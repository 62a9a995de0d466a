-- ===== src/Dict/Keys.antt =====
-- The keys of a dictionary, in order: what an assignment or a removal does to them depends on the
-- keys alone.
use mlcache.Prelude.{◌≡◌, refl, ap, sym, ◌∙◌, ite, List, [], ◌∷◌, arith, length, length-map, Option}
use mlcache.Dict.{Dict, get, assign, pop, keys}

module _ {ℓ} {K : Type ℓ} (dec : Discrete K) where
  add_key : K → List K → List K
  add_key k [] = k ∷ []
  add_key k (j ∷ ks) = ite (dec j k) (j ∷ ks) (j ∷ add_key k ks)

  remove_key : K → List K → List K
  remove_key k [] = []
  remove_key k (j ∷ ks) = let rest = remove_key k ks in ite (dec j k) rest (j ∷ rest)

module _ {ℓ} {K V : Type ℓ} (dec : Discrete K) where
  keys-assign : (k : K) (v : V) (m : Dict K V) → keys (assign dec k v m) ≡ add_key dec k (keys m)
  unfolding assign add_key
  keys-assign k v [] = refl
  keys-assign k v ((j, w) ∷ m) = ground (arith, keys-assign k v m)

  keys-pop : (k : K) (m : Dict K V) → keys (pop dec k m) ≡ remove_key dec k (keys m)
  unfolding pop remove_key
  keys-pop k [] = refl
  keys-pop k ((j, w) ∷ m) = ground (arith, keys-pop k m)

module _ {ℓ} {K V W : Type ℓ} (dec : Discrete K) where
  -- Two dictionaries with the same keys keep the same keys.
  pub assign_together :
      (k : K) (v : V) (w : W) (m : Dict K V) (n : Dict K W)
      → keys m ≡ keys n
      → keys (assign dec k v m) ≡ keys (assign dec k w n)
  assign_together k v w m n e =
      keys-assign dec k v m ∙ ap (add_key dec k) e ∙ sym (keys-assign dec k w n)

  pub pop_together :
      (k : K) (m : Dict K V) (n : Dict K W)
      → keys m ≡ keys n
      → keys (pop dec k m) ≡ keys (pop dec k n)
  pop_together k m n e = keys-pop dec k m ∙ ap (remove_key dec k) e ∙ sym (keys-pop dec k n)

  pub length_together : (m : Dict K V) (n : Dict K W) → keys m ≡ keys n → length m ≡ length n
  length_together m n e = sym (length-map (λ x. x.0) m) ∙ ap length e ∙ length-map (λ x. x.0) n

  -- A key that one of them lacks, the other lacks.
  pub absent_together :
      (k : K) (m : Dict K V) (n : Dict K W)
      → keys m ≡ keys n
      → get dec k m ≡ Option.none
      → get dec k n ≡ Option.none
  unfolding get
  absent_together k [] [] e h = refl
  absent_together k [] (y ∷ n) e h = absurd (ground arith)
  absent_together k (x ∷ m) [] e h = absurd (ground arith)
  absent_together k ((j, v) ∷ m) ((i, w) ∷ n) e h = ground (arith, absent_together k m n)

module _ {ℓ} {K V : Type ℓ} (dec : Discrete K) where
  -- An assignment to a key that is there keeps the keys.
  pub keys-assign_present :
      (k : K) (v w : V) (m : Dict K V)
      → get dec k m ≡ Option.some w
      → keys (assign dec k v m) ≡ keys m
  unfolding get assign
  keys-assign_present k v w [] h = absurd (ground arith)
  keys-assign_present k v w ((j, x) ∷ m) h = ground (arith, keys-assign_present k v w m)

**ABOUT THIS TASK**
Exact copies of all the records are to be printed.

**RESPONSE TO THIS TASK**
repository 62a9a995de0d466a
-- ===== src/Dict/Keys.antt =====
-- The keys of a dictionary, in order: what an assignment or a removal does to them depends on the
-- keys alone.
use mlcache.Prelude.{◌≡◌, refl, ap, sym, ◌∙◌, ite, List, [], ◌∷◌, arith, length, length-map, Option}
use mlcache.Dict.{Dict, get, assign, pop, keys}

module _ {ℓ} {K : Type ℓ} (dec : Discrete K) where
  add_key : K → List K → List K
  add_key k [] = k ∷ []
  add_key k (j ∷ ks) = ite (dec j k) (j ∷ ks) (j ∷ add_key k ks)

  remove_key : K → List K → List K
  remove_key k [] = []
  remove_key k (j ∷ ks) = let rest = remove_key k ks in ite (dec j k) rest (j ∷ rest)

module _ {ℓ} {K V : Type ℓ} (dec : Discrete K) where
  keys-assign : (k : K) (v : V) (m : Dict K V) → keys (assign dec k v m) ≡ add_key dec k (keys m)
  unfolding assign add_key
  keys-assign k v [] = refl
  keys-assign k v ((j, w) ∷ m) = ground (arith, keys-assign k v m)

  keys-pop : (k : K) (m : Dict K V) → keys (pop dec k m) ≡ remove_key dec k (keys m)
  unfolding pop remove_key
  keys-pop k [] = refl
  keys-pop k ((j, w) ∷ m) = ground (arith, keys-pop k m)

module _ {ℓ} {K V W : Type ℓ} (dec : Discrete K) where
  -- Two dictionaries with the same keys keep the same keys.
  pub assign_together :
      (k : K) (v : V) (w : W) (m : Dict K V) (n : Dict K W)
      → keys m ≡ keys n
      → keys (assign dec k v m) ≡ keys (assign dec k w n)
  assign_together k v w m n e =
      keys-assign dec k v m ∙ ap (add_key dec k) e ∙ sym (keys-assign dec k w n)

  pub pop_together :
      (k : K) (m : Dict K V) (n : Dict K W)
      → keys m ≡ keys n
      → keys (pop dec k m) ≡ keys (pop dec k n)
  pop_together k m n e = keys-pop dec k m ∙ ap (remove_key dec k) e ∙ sym (keys-pop dec k n)

  pub length_together : (m : Dict K V) (n : Dict K W) → keys m ≡ keys n → length m ≡ length n
  length_together m n e = sym (length-map (λ x. x.0) m) ∙ ap length e ∙ length-map (λ x. x.0) n

  -- A key that one of them lacks, the other lacks.
  pub absent_together :
      (k : K) (m : Dict K V) (n : Dict K W)
      → keys m ≡ keys n
      → get dec k m ≡ Option.none
      → get dec k n ≡ Option.none
  unfolding get
  absent_together k [] [] e h = refl
  absent_together k [] (y ∷ n) e h = absurd (ground arith)
  absent_together k (x ∷ m) [] e h = absurd (ground arith)
  absent_together k ((j, v) ∷ m) ((i, w) ∷ n) e h = ground (arith, absent_together k m n)

module _ {ℓ} {K V : Type ℓ} (dec : Discrete K) where
  -- An assignment to a key that is there keeps the keys.
  pub keys-assign_present :
      (k : K) (v w : V) (m : Dict K V)
      → get dec k m ≡ Option.some w
      → keys (assign dec k v m) ≡ keys m
  unfolding get assign
  keys-assign_present k v w [] h = absurd (ground arith)
  keys-assign_present k v w ((j, x) ∷ m) h = ground (arith, keys-assign_present k v w m)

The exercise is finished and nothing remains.